* STUDY MATERIAL:
-- ===== src/Json/Runs.antt =====
-- Runs of the parser of whole values, and their theorems at values.
use architect_simulator.Base.{◌≡◌, refl, ℕ, Bool, true, List, [], ◌∷◌, some, arith, if◌then◌else◌}
use architect_simulator.Base.Int.{pos}
use architect_simulator.Json.Number.{int, double, parse_number}
use architect_simulator.Json.Value.{
  Json, null, bool, number, array, object, nil, cons, end, field, dump, get, set, same_bytes,
  has_key,
}
use architect_simulator.Json.Proper.{IsProper}
use architect_simulator.Json.Parse.{read, stopped, parse}
use architect_simulator.Json.Access.{get-set}
use architect_simulator.Json.Outcomes.{Good}
use architect_simulator.Json.Finishes.{parse-Good}
use architect_simulator.Json.Heads.{IsReadable, ReadsBack}
use architect_simulator.Json.Values.{parse-dump}

-- Every double is a half here.
abbrev pub half : ℕ → List ℕ
half d = 48 ∷ 46 ∷ 53 ∷ []

abbrev pub strtod : List ℕ → ℕ
strtod s = 0

abbrev pub is_finite : ℕ → Bool
is_finite d = true

half-ReadsBack : ReadsBack strtod is_finite half 0
unfolding parse_number
half-ReadsBack [] h = refl
half-ReadsBack (c ∷ cs) h = rw (h.0, h.2, h.3) refl

-- {"a":[1,0.5],"b":{}}
abbrev pub sample : Json ℕ
sample = object (
    field (97 ∷ []) (array (cons (number (int (pos 1))) (cons (number (double 0)) nil)))
      (field (98 ∷ []) (object end) end))

pub sample-IsReadable : IsReadable strtod is_finite half 0 sample
unfolding IsReadable has_key
sample-IsReadable = (
  omega arith,
  ((omega arith, (omega arith, (half-ReadsBack, tt))), ((omega arith, tt, tt), tt)),
  (refl, (refl, tt)),
)

dumped :
    dump half sample
    ≡ 123 ∷ 34 ∷ 97 ∷ 34 ∷ 58 ∷ 91 ∷ 49 ∷ 44 ∷ 48 ∷ 46 ∷ 53 ∷ 93 ∷ 44 ∷ 34 ∷ 98 ∷ 34 ∷ 58 ∷ 123
      ∷ 125 ∷ 125 ∷ []
unfolding dump
dumped = refl

parse-dump_example : parse strtod is_finite (dump half sample) ≡ read sample []
parse-dump_example = parse-dump strtod is_finite half sample sample-IsReadable

-- [ 1 ,true ] with spaces.
spaced :
    parse strtod is_finite (91 ∷ 32 ∷ 49 ∷ 32 ∷ 44 ∷ 116 ∷ 114 ∷ 117 ∷ 101 ∷ 32 ∷ 93 ∷ 10 ∷ [])
    ≡ read (array (cons (number (int (pos 1))) (cons (bool true) nil))) []
unfolding parse
spaced = refl

-- {"a":1,"a":null} keeps the first.
twice :
    parse strtod is_finite
      (123 ∷ 34 ∷ 97 ∷ 34 ∷ 58 ∷ 49 ∷ 44 ∷ 34 ∷ 97 ∷ 34 ∷ 58 ∷ 110 ∷ 117 ∷ 108 ∷ 108 ∷ 125 ∷ [])
    ≡ read (object (field (97 ∷ []) (number (int (pos 1))) end)) []
unfolding parse
twice = refl

trailing : parse strtod is_finite (49 ∷ 32 ∷ 49 ∷ []) ≡ stopped "trailing data after JSON value"
unfolding parse
trailing = refl

parse-Good_example : Good 0 (IsProper is_finite 0) (parse strtod is_finite (91 ∷ 91 ∷ 49 ∷ []))
parse-Good_example = parse-Good strtod is_finite (91 ∷ 91 ∷ 49 ∷ [])

get-set_example :
    get (98 ∷ []) (set (98 ∷ []) null sample)
    ≡ (if same_bytes (98 ∷ []) (98 ∷ []) then some null else get (98 ∷ []) sample)
get-set_example = get-set (98 ∷ []) (98 ∷ []) null sample
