-- ===== src/Types/Compact.antt =====
-- The shape of an aggregate of src/types.cpp: one candidate for each index, and no two neighbouring
-- parts that `append_part` would glue.
use gemini_cpp.Base.{Bool, true, false, ◌&&◌, List, [], ◌∷◌, ◌≡◌, arith, All, Bool-cases, inl, inr}
use gemini_cpp.Base.Int.{ℤ, eqb_ℤ}
use gemini_cpp.Base.Text.{Bytes}
use gemini_cpp.Types.{
  Part, PartValue, text, Candidate, GenerateResponse, glues, glue, append_part, append_parts,
  absorb, merge_candidate, merge_candidates, merge,
}

module _ {J : Type 0} where
  abbrev both_text : PartValue J → PartValue J → Bool
  both_text (text a) (text b) = true
  both_text _ _ = false

  abbrev pub gluable : Part J → Part J → Bool
  gluable p q = both_text p.value q.value && glues p q

  abbrev pub IsCompact : List (Part J) → Type 0
  IsCompact [] = Unit
  IsCompact (p ∷ []) = Unit
  IsCompact (p ∷ q ∷ ps) = (gluable p q ≡ false) × IsCompact (q ∷ ps)

  abbrev pub IsCompactCandidate : Candidate J → Type 0
  IsCompactCandidate c = IsCompact c.content.parts

  abbrev part : PartValue J → Bool → Bytes → Part J
  part v s a = record { value = v; thought = s; thought_signature = a }

  glue-IsCompact :
      (u v w : PartValue J) (r s t : Bool) (a b c : Bytes)
      → gluable (part u r a) (part v s b) ≡ false
      → IsCompact (part u r a ∷ glue (part v s b) (part w t c))
  unfolding glue
  glue-IsCompact (text x) (text y) (text z) r s t a b c h = ground arith
  glue-IsCompact u v w r s t a b c h = ground arith

  glue_first-IsCompact :
      (v w : PartValue J) (s t : Bool) (b c : Bytes) → IsCompact (glue (part v s b) (part w t c))
  unfolding glue
  glue_first-IsCompact (text y) (text z) s t b c = ground arith
  glue_first-IsCompact v w s t b c = ground arith

  append_part-IsCompact :
      (ps : List (Part J)) (q : Part J) → IsCompact ps → IsCompact (append_part ps q)
  unfolding append_part
  append_part-IsCompact [] q h = tt
  append_part-IsCompact (p ∷ []) q h = glue_first-IsCompact p.value q.value _ _ _ _
  append_part-IsCompact (p ∷ r ∷ []) q h = glue-IsCompact p.value r.value q.value _ _ _ _ _ _ h.0
  append_part-IsCompact (p ∷ r ∷ s ∷ ps) q h = (h.0, append_part-IsCompact (r ∷ s ∷ ps) q h.1)

  append_parts-IsCompact : (qs ps : List (Part J)) → IsCompact ps → IsCompact (append_parts ps qs)
  unfolding append_parts
  append_parts-IsCompact [] ps h = h
  append_parts-IsCompact (q ∷ qs) ps h =
      append_parts-IsCompact qs (append_part ps q) (append_part-IsCompact ps q h)

  -- No later candidate has the index of an earlier one.
  abbrev pub LacksIndex : ℤ → List (Candidate J) → Type 0
  LacksIndex i = All (λ c. eqb_ℤ i c.index ≡ false)

  abbrev pub IsAggregate : List (Candidate J) → Type 0
  IsAggregate [] = Unit
  IsAggregate (c ∷ cs) = IsCompactCandidate c × LacksIndex c.index cs × IsAggregate cs

  merge_candidate-LacksIndex :
      (i : ℤ) (cs : List (Candidate J)) (inc : Candidate J)
      → eqb_ℤ i inc.index ≡ false
      → LacksIndex i cs
      → LacksIndex i (merge_candidate cs inc)
  unfolding merge_candidate absorb
  merge_candidate-LacksIndex i [] inc e h = (e, tt)
  merge_candidate-LacksIndex i (c ∷ cs) inc e h = elim (Bool-cases (eqb_ℤ c.index inc.index)) [
    | inl found ↦ rw found (h.0, h.1)
    | inr other ↦ rw other (h.0, merge_candidate-LacksIndex i cs inc e h.1)
  ]

  merge_candidate-IsAggregate :
      (cs : List (Candidate J)) (inc : Candidate J)
      → IsAggregate cs
      → IsAggregate (merge_candidate cs inc)
  unfolding merge_candidate absorb
  merge_candidate-IsAggregate [] inc h = (append_parts-IsCompact inc.content.parts [] tt, tt, tt)
  merge_candidate-IsAggregate (c ∷ cs) inc h = elim (Bool-cases (eqb_ℤ c.index inc.index)) [
    | inl found ↦ rw found (append_parts-IsCompact inc.content.parts c.content.parts h.0, h.1, h.2)
    | inr other ↦ rw other (
      h.0,
      merge_candidate-LacksIndex c.index cs inc other h.1,
      merge_candidate-IsAggregate cs inc h.2,
    )
  ]

  merge_candidates-IsAggregate :
      (more cs : List (Candidate J)) → IsAggregate cs → IsAggregate (merge_candidates cs more)
  unfolding merge_candidates
  merge_candidates-IsAggregate [] cs h = h
  merge_candidates-IsAggregate (c ∷ more) cs h =
      merge_candidates-IsAggregate more (merge_candidate cs c) (merge_candidate-IsAggregate cs c h)

  -- Merging any chunk keeps an aggregate well formed: its candidates have different indices, and no
  -- two neighbouring parts of a candidate could still be glued.
  pub merge-IsAggregate :
      (r chunk : GenerateResponse J)
      → IsAggregate r.candidates
      → IsAggregate (merge r chunk).candidates
  unfolding merge
  merge-IsAggregate r chunk h = merge_candidates-IsAggregate chunk.candidates r.candidates h
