-- ===== src/Tests/Types.antt =====
-- src/types.cpp on small streams.
use gemini_cpp.Base.{Bool, true, false, List, [], ◌∷◌, ◌≡◌, refl}
use gemini_cpp.Base.Int.{ℤ, pos}
use gemini_cpp.Base.Text.{Bytes, codes}
use gemini_cpp.Types.{
  model, text, call, Part, GenerateResponse, empty_response, merge, append_part, append_parts, glue,
  absorb, merge_candidate, merge_candidates, response_text, parts_text,
}
use gemini_cpp.Types.Merge.{
  stream_from, at_index, all_in_stream, text_in, calls_in, stream_from_views,
}
use gemini_cpp.Types.Compact.{IsAggregate, merge-IsAggregate}

abbrev piece : Bytes → Bool → Bytes → Part ℤ
piece s thought signature = record {
  value = text s;
  thought = thought;
  thought_signature = signature;
}

abbrev tool_call : Part ℤ
tool_call = record {
  value = call (record { name = codes "f"; args = pos 1; id = [] });
  thought = false;
  thought_signature = codes "sig";
}

abbrev chunk : List (Part ℤ) → Bytes → GenerateResponse ℤ
chunk parts finish = record empty_response {
  candidates =
      record {
        content = record { role = model; parts = parts };
        finish_reason = finish;
        index = pos 0;
      }
      ∷ [];
}

abbrev chunks : List (GenerateResponse ℤ)
chunks =
    chunk (piece (codes "Hel") false [] ∷ []) []
    ∷ chunk (piece (codes "hm") true [] ∷ piece (codes "lo") false [] ∷ []) []
    ∷ chunk (tool_call ∷ []) (codes "STOP")
    ∷ []

stream_from-chunks : response_text (stream_from empty_response chunks).candidates ≡ codes "Hello"
unfolding stream_from merge merge_candidates merge_candidate absorb append_parts append_part glue
    response_text parts_text
stream_from-chunks = refl

stream_from_views_example :
    (at_index text_in (pos 0) (stream_from empty_response chunks).candidates
      ≡ all_in_stream text_in (pos 0) chunks)
    × (at_index calls_in (pos 0) (stream_from empty_response chunks).candidates
        ≡ all_in_stream calls_in (pos 0) chunks)
stream_from_views_example = stream_from_views (pos 0) chunks

merge-IsAggregate_example :
    IsAggregate
      (merge
        (chunk (piece (codes "Hel") false [] ∷ []) [])
        (chunk (piece (codes "lo") false [] ∷ []) (codes "STOP"))).candidates
merge-IsAggregate_example =
    merge-IsAggregate (chunk (piece (codes "Hel") false [] ∷ []) [])
      (chunk (piece (codes "lo") false [] ∷ []) (codes "STOP")) (tt, tt, tt)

* TASK REQUIREMENTS: Within the listing above, extract exactly the lines from the line with "both_text _ _ = false" to the line with "s b) ≡ false", the two named lines included, and no others.

* WRITTEN RESPONSE:
  both_text _ _ = false

  abbrev pub gluable : Part J → Part J → Bool
  gluable p q = both_text p.value q.value && glues p q

  abbrev pub IsCompact : List (Part J) → Type 0
  IsCompact [] = Unit
  IsCompact (p ∷ []) = Unit
  IsCompact (p ∷ q ∷ ps) = (gluable p q ≡ false) × IsCompact (q ∷ ps)

  abbrev pub IsCompactCandidate : Candidate J → Type 0
  IsCompactCandidate c = IsCompact c.content.parts

  abbrev part : PartValue J → Bool → Bytes → Part J
  part v s a = record { value = v; thought = s; thought_signature = a }

  glue-IsCompact :
      (u v w : PartValue J) (r s t : Bool) (a b c : Bytes)
      → gluable (part u r a) (part v s b) ≡ false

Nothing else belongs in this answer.